Any experiences experienced using Festool Track Saw and Router Systems for Prefabricated Drywall Shapes ... V-groove cut, glue and fold?


----------



## keke (Mar 7, 2012)

800PoundGuerrilla said:


> Any experiences experienced using Festool Track Saw and Router Systems for Prefabricated Drywall Shapes ... V-groove cut, glue and fold?


we use festool router with straight edge for cut, glue and fold and glue and paper tape again for more strength......2 guys made 24 sheets in one day and for 2 guys take 3 1/2 days to set up and install it.....you can see the result in the pics


----------



## 800PoundGuerrilla (Nov 24, 2013)

keke said:


> we use festool router with straight edge for cut, glue and fold and glue and paper tape again for more strength......2 guys made 24 sheets in one day and for 2 guys take 3 1/2 days to set up and install it.....you can see the result in the pics


Good stuff! Great pictures!

Interested people are interesting people ... 

How long have you been doing what you're doing the way that you're doing it?

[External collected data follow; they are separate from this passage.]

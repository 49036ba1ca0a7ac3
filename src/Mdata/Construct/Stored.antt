-- ===== src/Mdata/Construct/Stored.antt =====
-- Which series a new metric has for its aggregations.
use metrictank.Common.{
  ℕ, ◌^◌, ◌-◌, ◌≡◌, refl, ◌∙◌, subst, Bool, true, false, ◌||◌, List, [], ◌∷◌, Option, none, some,
  leb, ◌==◌, if◌then◌else◌, inl, inr, Bool-cases,
}
use metrictank.Schema.{AmKey}
use metrictank.Schema.Archive
use metrictank.Conf.Retention.{Retention}
use metrictank.Conf.Rules
use metrictank.Consolidation.{Consolidator}
use metrictank.Consolidation
use metrictank.Mdata.Float.{FloatOps}
use metrictank.Mdata.Aggregation.{new_aggregation}
use metrictank.Mdata.AggMetric.{AggMetric}
use metrictank.Mdata.AggMetric.Read.{Reply, get, get_chunks}
use metrictank.Mdata.AggMetric.Read
use metrictank.Mdata.Aggregator.{Aggregator, Series}
use metrictank.Mdata.Construct.{
  Setup, new_raw, if_nil, span_of, new_series, add_method, add_methods, new_aggregator,
  new_aggregators, new_agg_metric, AggReply, ok, err, no_archive, needs_sum_and_cnt,
  unknown_consolidator, not_configured, unknown_agg_span, get_series, get_of, get_from,
  get_aggregated,
}

-- The aggregations that a method of the configuration calls for.
abbrev pub provides : Rules.Method → Consolidator → Bool
provides Rules.avg Consolidation.sum = true
provides Rules.avg Consolidation.cnt = true
provides Rules.sum Consolidation.sum = true
provides Rules.lst Consolidation.lst = true
provides Rules.max Consolidation.max = true
provides Rules.min Consolidation.min = true
provides m c = false

abbrev pub is_wanted : List Rules.Method → Consolidator → Bool
is_wanted [] c = false
is_wanted (m ∷ ms) c = provides m c || is_wanted ms c

-- The reply of a series that has no data.
abbrev pub no_data : ℕ → ℕ → Reply
no_data from to =
    if leb to from
    then Read.invalid_range
    else Read.ok (record { points = []; iters = []; oldest = 2 ^ 31 - 1 })

abbrev pub if_held : Bool → ℕ → ℕ → AggReply
if_held b from to = if b then ok (no_data from to) else err not_configured

-- What `GetAggregated` should say for an aggregation, `w` of which are kept.
abbrev pub answer : (Consolidator → Bool) → Consolidator → ℕ → ℕ → AggReply
answer w Consolidation.no_consolidation from to = err no_archive
answer w Consolidation.avg from to = err needs_sum_and_cnt
answer w Consolidation.cnt from to = if_held (w Consolidation.cnt) from to
answer w Consolidation.lst from to = if_held (w Consolidation.lst) from to
answer w Consolidation.min from to = if_held (w Consolidation.min) from to
answer w Consolidation.max from to = if_held (w Consolidation.max) from to
answer w Consolidation.sum from to = if_held (w Consolidation.sum) from to
answer w c from to = err unknown_consolidator

abbrev pub has_span : List Retention → ℕ → Bool
has_span [] span = false
has_span (ret ∷ rets) span = (span_of ret == span) || has_span rets span

-- Nothing is kept.
abbrev nothing : Consolidator → Bool
nothing c = false

-- A series is there if it is to be kept, and has no data.
data Slot : Option Series → Bool → Type 0 where
  empty : Slot none false
  held :
      (m : Series) → ((from to : ℕ) → get m from to ≡ some (no_data from to)) → Slot (some m) true

record Slots (g : Aggregator) (w : Consolidator → Bool) : Type 0 where
  sum_slot : Slot g.sum_metric (w Consolidation.sum)
  cnt_slot : Slot g.cnt_metric (w Consolidation.cnt)
  lst_slot : Slot g.lst_metric (w Consolidation.lst)
  max_slot : Slot g.max_metric (w Consolidation.max)
  min_slot : Slot g.min_metric (w Consolidation.min)

Slots-ext :
    (g : Aggregator) (v w : Consolidator → Bool)
    → ((c : Consolidator) → v c ≡ w c)
    → Slots g v
    → Slots g w
Slots-ext g v w e h = record {
  sum_slot = subst (Slot g.sum_metric) (e Consolidation.sum) h.sum_slot;
  cnt_slot = subst (Slot g.cnt_metric) (e Consolidation.cnt) h.cnt_slot;
  lst_slot = subst (Slot g.lst_metric) (e Consolidation.lst) h.lst_slot;
  max_slot = subst (Slot g.max_metric) (e Consolidation.max) h.max_slot;
  min_slot = subst (Slot g.min_metric) (e Consolidation.min) h.min_slot;
}

swap : (a b c : Bool) → (b || (a || c)) ≡ ((a || b) || c)
swap false b c = refl
swap true false c = refl
swap true true c = refl

or-false : (a : Bool) → (a || false) ≡ a
or-false false = refl
or-false true = refl

module _ (s : Setup) (key : AmKey) (ret : Retention) where
  new_series-no_data :
      (m : Archive.Method) (from to : ℕ)
      → get (new_series s key ret m) from to ≡ some (no_data from to)
  unfolding new_series new_raw get get_chunks
  new_series-no_data m from to = elim (Bool-cases (leb to from)) [
    | inl e ↦ rw e refl
    | inr e ↦ rw e refl
  ]

  fill_slot :
      (m : Archive.Method) (o : Option Series) (b : Bool)
      → Slot o b
      → Slot (if_nil o (new_series s key ret m)) true
  fill_slot m none false empty = held (new_series s key ret m) (new_series-no_data m)
  fill_slot m none true bad = elim bad [ ]
  fill_slot m (some _) false bad = elim bad [ ]
  fill_slot m (some _) true (held x h) = held x h

  add_method-Slots :
      (m : Rules.Method) (g : Aggregator) (w : Consolidator → Bool)
      → Slots g w
      → Slots (add_method s key ret m g) (λ c. provides m c || w c)
  unfolding add_method
  add_method-Slots Rules.avg g w h = record {
    sum_slot = fill_slot Archive.sum g.sum_metric _ h.sum_slot;
    cnt_slot = fill_slot Archive.cnt g.cnt_metric _ h.cnt_slot;
    lst_slot = h.lst_slot;
    max_slot = h.max_slot;
    min_slot = h.min_slot;
  }
  add_method-Slots Rules.sum g w h = record {
    sum_slot = fill_slot Archive.sum g.sum_metric _ h.sum_slot;
    cnt_slot = h.cnt_slot;
    lst_slot = h.lst_slot;
    max_slot = h.max_slot;
    min_slot = h.min_slot;
  }
  add_method-Slots Rules.lst g w h = record {
    sum_slot = h.sum_slot;
    cnt_slot = h.cnt_slot;
    lst_slot = fill_slot Archive.lst g.lst_metric _ h.lst_slot;
    max_slot = h.max_slot;
    min_slot = h.min_slot;
  }
  add_method-Slots Rules.max g w h = record {
    sum_slot = h.sum_slot;
    cnt_slot = h.cnt_slot;
    lst_slot = h.lst_slot;
    max_slot = fill_slot Archive.max g.max_metric _ h.max_slot;
    min_slot = h.min_slot;
  }
  add_method-Slots Rules.min g w h = record {
    sum_slot = h.sum_slot;
    cnt_slot = h.cnt_slot;
    lst_slot = h.lst_slot;
    max_slot = h.max_slot;
    min_slot = fill_slot Archive.min g.min_metric _ h.min_slot;
  }

  add_methods-Slots :
      (ms : List Rules.Method) (g : Aggregator) (w : Consolidator → Bool)
      → Slots g w
      → Slots (add_methods s key ret ms g) (λ c. is_wanted ms c || w c)
  unfolding add_methods
  add_methods-Slots [] g w h = h
  add_methods-Slots (m ∷ ms) g w h =
      Slots-ext (add_methods s key ret ms (add_method s key ret m g))
        (λ c. is_wanted ms c || (provides m c || w c))
        (λ c. (provides m c || is_wanted ms c) || w c)
        (λ c. swap (provides m c) (is_wanted ms c) (w c))
        (add_methods-Slots ms _ _ (add_method-Slots m g w h))

  add_method_span : (m : Rules.Method) (g : Aggregator) → (add_method s key ret m g).span ≡ g.span
  unfolding add_method
  add_method_span Rules.avg g = refl
  add_method_span Rules.sum g = refl
  add_method_span Rules.lst g = refl
  add_method_span Rules.max g = refl
  add_method_span Rules.min g = refl

  add_methods_span :
      (ms : List Rules.Method) (g : Aggregator) → (add_methods s key ret ms g).span ≡ g.span
  unfolding add_methods
  add_methods_span [] g = refl
  add_methods_span (m ∷ ms) g = add_methods_span ms (add_method s key ret m g) ∙ add_method_span m g

get_series-if_held :
    (o : Option Series) (b : Bool) (from to : ℕ)
    → Slot o b
    → get_series o from to ≡ some (if_held b from to)
unfolding get_series
get_series-if_held none false from to empty = refl
get_series-if_held none true from to bad = elim bad [ ]
get_series-if_held (some _) false from to bad = elim bad [ ]
get_series-if_held (some _) true from to (held m h) = rw (h from to) refl

get_of-answer :
    (g : Aggregator) (w : Consolidator → Bool)
    → Slots g w
    → (c : Consolidator) (from to : ℕ) → get_of g c from to ≡ some (answer w c from to)
unfolding get_of
get_of-answer g w h Consolidation.no_consolidation from to = refl
get_of-answer g w h Consolidation.avg from to = refl
get_of-answer g w h Consolidation.cnt from to = get_series-if_held _ _ from to h.cnt_slot
get_of-answer g w h Consolidation.lst from to = get_series-if_held _ _ from to h.lst_slot
get_of-answer g w h Consolidation.min from to = get_series-if_held _ _ from to h.min_slot
get_of-answer g w h Consolidation.max from to = get_series-if_held _ _ from to h.max_slot
get_of-answer g w h Consolidation.sum from to = get_series-if_held _ _ from to h.sum_slot
get_of-answer g w h Consolidation.mult from to = refl
get_of-answer g w h Consolidation.med from to = refl
get_of-answer g w h Consolidation.diff from to = refl
get_of-answer g w h Consolidation.std_dev from to = refl
get_of-answer g w h Consolidation.range from to = refl

module _ (s : Setup) (fl : FloatOps) (key : AmKey) (m : Rules.Method) (ms : List Rules.Method) where
  -- The aggregator before the loop over the methods.
  abbrev fresh : Retention → Aggregator
  fresh ret = record {
    span = span_of ret;
    current_boundary = 0;
    agg = new_aggregation fl;
    min_metric = none;
    max_metric = none;
    sum_metric = none;
    cnt_metric = none;
    lst_metric = none;
  }

  new_aggregator-Slots :
      (ret : Retention)
      → (g : Aggregator) × (new_aggregator s fl key ret (m ∷ ms) ≡ some g)
        × (g.span ≡ span_of ret)
        × Slots g (is_wanted (m ∷ ms))
  unfolding new_aggregator
  new_aggregator-Slots ret = (
    add_methods s key ret (m ∷ ms) (fresh ret),
    refl,
    add_methods_span s key ret (m ∷ ms) (fresh ret),
    Slots-ext (add_methods s key ret (m ∷ ms) (fresh ret)) (λ c. is_wanted (m ∷ ms) c || nothing c)
        (is_wanted (m ∷ ms)) (λ c. or-false (is_wanted (m ∷ ms) c))
        (add_methods-Slots s key ret (m ∷ ms) (fresh ret) nothing none_held),
  )
    where
      none_held : Slots (fresh ret) nothing
      none_held = record {
        sum_slot = empty;
        cnt_slot = empty;
        lst_slot = empty;
        max_slot = empty;
        min_slot = empty;
      }

  aggregators-cons :
      (ret : Retention) (rets : List Retention) (methods : List Rules.Method) (g : Aggregator)
      (gs : List Aggregator)
      → new_aggregator s fl key ret methods ≡ some g
      → new_aggregators s fl key rets methods ≡ some gs
      → new_aggregators s fl key (ret ∷ rets) methods ≡ some (g ∷ gs)
  unfolding new_aggregators
  aggregators-cons ret rets methods g gs e f = rw (e, f) refl

  -- What the aggregators of some retentions answer.
  abbrev pub all_answer : List Retention → Consolidator → ℕ → ℕ → ℕ → AggReply
  all_answer rets c span from to =
      if has_span rets span then answer (is_wanted (m ∷ ms)) c from to else err unknown_agg_span

  new_aggregators-get_from :
      (rets : List Retention) (c : Consolidator) (span from to : ℕ)
      → (gs : List Aggregator) × (new_aggregators s fl key rets (m ∷ ms) ≡ some gs)
        × (get_from gs c span from to ≡ some (all_answer rets c span from to))
  unfolding new_aggregators get_from
  new_aggregators-get_from [] c span from to = ([], refl, refl)
  new_aggregators-get_from (ret ∷ rets) c span from to =
      let (g, made, own, slots) = new_aggregator-Slots ret in
      let (gs, rest, h) = new_aggregators-get_from rets c span from to in
      (
        g ∷ gs,
        aggregators-cons ret rets (m ∷ ms) g gs made rest,
        elim (Bool-cases (span_of ret == span)) [
          | inl e ↦ rw (own, e) (get_of-answer g (is_wanted (m ∷ ms)) slots c from to)
          | inr e ↦ rw (own, e) h
        ],
      )

  -- With at least one method configured, a new metric is made with an aggregator for each retention
  -- but the first. `GetAggregated` of it refuses a span that is not of one of these, the
  -- consolidators that no archive is kept for, and those that no method calls for (`sum` and `cnt`
  -- are called for by `avg` too); of the others it finds a series, without data so far.
  pub new_agg_metric-answer :
      (raw : Retention) (rets : List Retention) (reorder_window interval : ℕ) (allow_update : Bool)
      (c : Consolidator) (span from to : ℕ)
      → (a : AggMetric Aggregator) × (new_agg_metric s fl key
            (raw ∷ rets)
            reorder_window
            interval
            (m ∷ ms)
            allow_update
          ≡ some a)
        × (get_aggregated a c span from to ≡ some (all_answer rets c span from to))
  unfolding new_agg_metric get_aggregated
  new_agg_metric-answer raw rets reorder_window interval allow_update c span from to =
      let (gs, made, h) = new_aggregators-get_from rets c span from to in
      (
        record (new_raw s key raw reorder_window interval allow_update) { aggregators = gs },
        rw made refl,
        h,
      )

For how long "down under" has drywall shape prefabrication been an alternative means and method for multifaceted details? How has it changed your ability to control schedule? How has it influenced and/or changed your mindset and motivation regarding project strategy?

What alternative complementing means and methods of framing are you employing?

How many other competing characters are doing the same?

Have you tried using RebateMate for your butt ends?

Thanks very much for the response to the questions regarding the revolutionary evolution of this empowering means of production.


----------